Every line of the data below should be written out word for word.

-- Opening Marker --

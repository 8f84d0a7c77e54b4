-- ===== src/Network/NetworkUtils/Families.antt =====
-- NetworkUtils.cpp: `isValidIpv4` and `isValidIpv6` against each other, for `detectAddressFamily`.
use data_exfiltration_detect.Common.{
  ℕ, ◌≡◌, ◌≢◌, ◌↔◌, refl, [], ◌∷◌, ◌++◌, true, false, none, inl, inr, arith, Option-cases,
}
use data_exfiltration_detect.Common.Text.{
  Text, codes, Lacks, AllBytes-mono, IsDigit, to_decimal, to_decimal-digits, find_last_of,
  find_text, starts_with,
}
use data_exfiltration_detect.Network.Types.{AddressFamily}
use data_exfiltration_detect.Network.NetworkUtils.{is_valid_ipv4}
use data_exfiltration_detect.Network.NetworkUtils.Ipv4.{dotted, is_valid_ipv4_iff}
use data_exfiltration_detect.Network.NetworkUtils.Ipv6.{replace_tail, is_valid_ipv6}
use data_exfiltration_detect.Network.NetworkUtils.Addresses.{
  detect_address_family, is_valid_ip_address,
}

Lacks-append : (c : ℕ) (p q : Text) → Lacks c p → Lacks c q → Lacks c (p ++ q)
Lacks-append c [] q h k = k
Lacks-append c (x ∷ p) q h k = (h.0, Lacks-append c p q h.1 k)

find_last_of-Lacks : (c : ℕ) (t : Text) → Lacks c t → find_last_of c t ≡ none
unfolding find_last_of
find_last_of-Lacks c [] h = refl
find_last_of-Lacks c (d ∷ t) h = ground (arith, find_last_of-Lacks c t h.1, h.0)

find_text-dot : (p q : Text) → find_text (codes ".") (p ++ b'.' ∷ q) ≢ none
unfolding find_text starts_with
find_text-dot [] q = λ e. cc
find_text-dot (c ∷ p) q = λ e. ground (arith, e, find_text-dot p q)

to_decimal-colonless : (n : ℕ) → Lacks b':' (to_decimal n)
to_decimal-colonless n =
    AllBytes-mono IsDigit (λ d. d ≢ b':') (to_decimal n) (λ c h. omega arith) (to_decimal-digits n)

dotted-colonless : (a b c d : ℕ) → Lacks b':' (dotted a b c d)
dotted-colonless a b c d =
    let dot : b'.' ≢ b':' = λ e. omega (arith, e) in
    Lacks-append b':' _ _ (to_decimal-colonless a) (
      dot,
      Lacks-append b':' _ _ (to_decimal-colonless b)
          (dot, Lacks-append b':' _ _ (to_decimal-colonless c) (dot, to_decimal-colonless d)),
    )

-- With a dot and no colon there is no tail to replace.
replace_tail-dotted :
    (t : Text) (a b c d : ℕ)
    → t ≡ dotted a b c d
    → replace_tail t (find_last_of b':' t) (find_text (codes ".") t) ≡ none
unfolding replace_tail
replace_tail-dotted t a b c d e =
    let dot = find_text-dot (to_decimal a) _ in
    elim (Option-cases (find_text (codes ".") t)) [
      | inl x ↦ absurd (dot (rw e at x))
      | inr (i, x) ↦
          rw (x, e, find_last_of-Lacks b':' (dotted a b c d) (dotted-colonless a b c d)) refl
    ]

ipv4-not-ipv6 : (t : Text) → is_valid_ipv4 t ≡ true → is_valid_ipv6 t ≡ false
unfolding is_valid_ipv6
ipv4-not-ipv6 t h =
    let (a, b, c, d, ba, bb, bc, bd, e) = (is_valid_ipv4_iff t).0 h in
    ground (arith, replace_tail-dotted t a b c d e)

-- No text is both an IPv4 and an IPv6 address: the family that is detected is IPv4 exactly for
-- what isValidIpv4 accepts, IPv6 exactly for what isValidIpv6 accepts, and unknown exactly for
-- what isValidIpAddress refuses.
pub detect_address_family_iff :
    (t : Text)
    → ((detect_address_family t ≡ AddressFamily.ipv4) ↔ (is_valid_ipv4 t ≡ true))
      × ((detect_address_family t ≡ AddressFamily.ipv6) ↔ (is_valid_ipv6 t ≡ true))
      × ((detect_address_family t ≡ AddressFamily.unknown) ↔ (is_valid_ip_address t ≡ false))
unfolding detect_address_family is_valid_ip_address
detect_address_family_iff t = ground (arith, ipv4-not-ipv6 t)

-- Closing Marker --

Result =>
repository 8f84d0a7c77e54b4
-- ===== src/Network/NetworkUtils/Families.antt =====
-- NetworkUtils.cpp: `isValidIpv4` and `isValidIpv6` against each other, for `detectAddressFamily`.
use data_exfiltration_detect.Common.{
  ℕ, ◌≡◌, ◌≢◌, ◌↔◌, refl, [], ◌∷◌, ◌++◌, true, false, none, inl, inr, arith, Option-cases,
}
use data_exfiltration_detect.Common.Text.{
  Text, codes, Lacks, AllBytes-mono, IsDigit, to_decimal, to_decimal-digits, find_last_of,
  find_text, starts_with,
}
use data_exfiltration_detect.Network.Types.{AddressFamily}
use data_exfiltration_detect.Network.NetworkUtils.{is_valid_ipv4}
use data_exfiltration_detect.Network.NetworkUtils.Ipv4.{dotted, is_valid_ipv4_iff}
use data_exfiltration_detect.Network.NetworkUtils.Ipv6.{replace_tail, is_valid_ipv6}
use data_exfiltration_detect.Network.NetworkUtils.Addresses.{
  detect_address_family, is_valid_ip_address,
}

Lacks-append : (c : ℕ) (p q : Text) → Lacks c p → Lacks c q → Lacks c (p ++ q)
Lacks-append c [] q h k = k
Lacks-append c (x ∷ p) q h k = (h.0, Lacks-append c p q h.1 k)

find_last_of-Lacks : (c : ℕ) (t : Text) → Lacks c t → find_last_of c t ≡ none
unfolding find_last_of
find_last_of-Lacks c [] h = refl
find_last_of-Lacks c (d ∷ t) h = ground (arith, find_last_of-Lacks c t h.1, h.0)

find_text-dot : (p q : Text) → find_text (codes ".") (p ++ b'.' ∷ q) ≢ none
unfolding find_text starts_with
find_text-dot [] q = λ e. cc
find_text-dot (c ∷ p) q = λ e. ground (arith, e, find_text-dot p q)

to_decimal-colonless : (n : ℕ) → Lacks b':' (to_decimal n)
to_decimal-colonless n =
    AllBytes-mono IsDigit (λ d. d ≢ b':') (to_decimal n) (λ c h. omega arith) (to_decimal-digits n)

dotted-colonless : (a b c d : ℕ) → Lacks b':' (dotted a b c d)
dotted-colonless a b c d =
    let dot : b'.' ≢ b':' = λ e. omega (arith, e) in
    Lacks-append b':' _ _ (to_decimal-colonless a) (
      dot,
      Lacks-append b':' _ _ (to_decimal-colonless b)
          (dot, Lacks-append b':' _ _ (to_decimal-colonless c) (dot, to_decimal-colonless d)),
    )

-- With a dot and no colon there is no tail to replace.
replace_tail-dotted :
    (t : Text) (a b c d : ℕ)
    → t ≡ dotted a b c d
    → replace_tail t (find_last_of b':' t) (find_text (codes ".") t) ≡ none
unfolding replace_tail
replace_tail-dotted t a b c d e =
    let dot = find_text-dot (to_decimal a) _ in
    elim (Option-cases (find_text (codes ".") t)) [
      | inl x ↦ absurd (dot (rw e at x))
      | inr (i, x) ↦
          rw (x, e, find_last_of-Lacks b':' (dotted a b c d) (dotted-colonless a b c d)) refl
    ]

ipv4-not-ipv6 : (t : Text) → is_valid_ipv4 t ≡ true → is_valid_ipv6 t ≡ false
unfolding is_valid_ipv6
ipv4-not-ipv6 t h =
    let (a, b, c, d, ba, bb, bc, bd, e) = (is_valid_ipv4_iff t).0 h in
    ground (arith, replace_tail-dotted t a b c d e)

-- No text is both an IPv4 and an IPv6 address: the family that is detected is IPv4 exactly for
-- what isValidIpv4 accepts, IPv6 exactly for what isValidIpv6 accepts, and unknown exactly for
-- what isValidIpAddress refuses.
pub detect_address_family_iff :
    (t : Text)
    → ((detect_address_family t ≡ AddressFamily.ipv4) ↔ (is_valid_ipv4 t ≡ true))
      × ((detect_address_family t ≡ AddressFamily.ipv6) ↔ (is_valid_ipv6 t ≡ true))
      × ((detect_address_family t ≡ AddressFamily.unknown) ↔ (is_valid_ip_address t ≡ false))
unfolding detect_address_family is_valid_ip_address
detect_address_family_iff t = ground (arith, ipv4-not-ipv6 t)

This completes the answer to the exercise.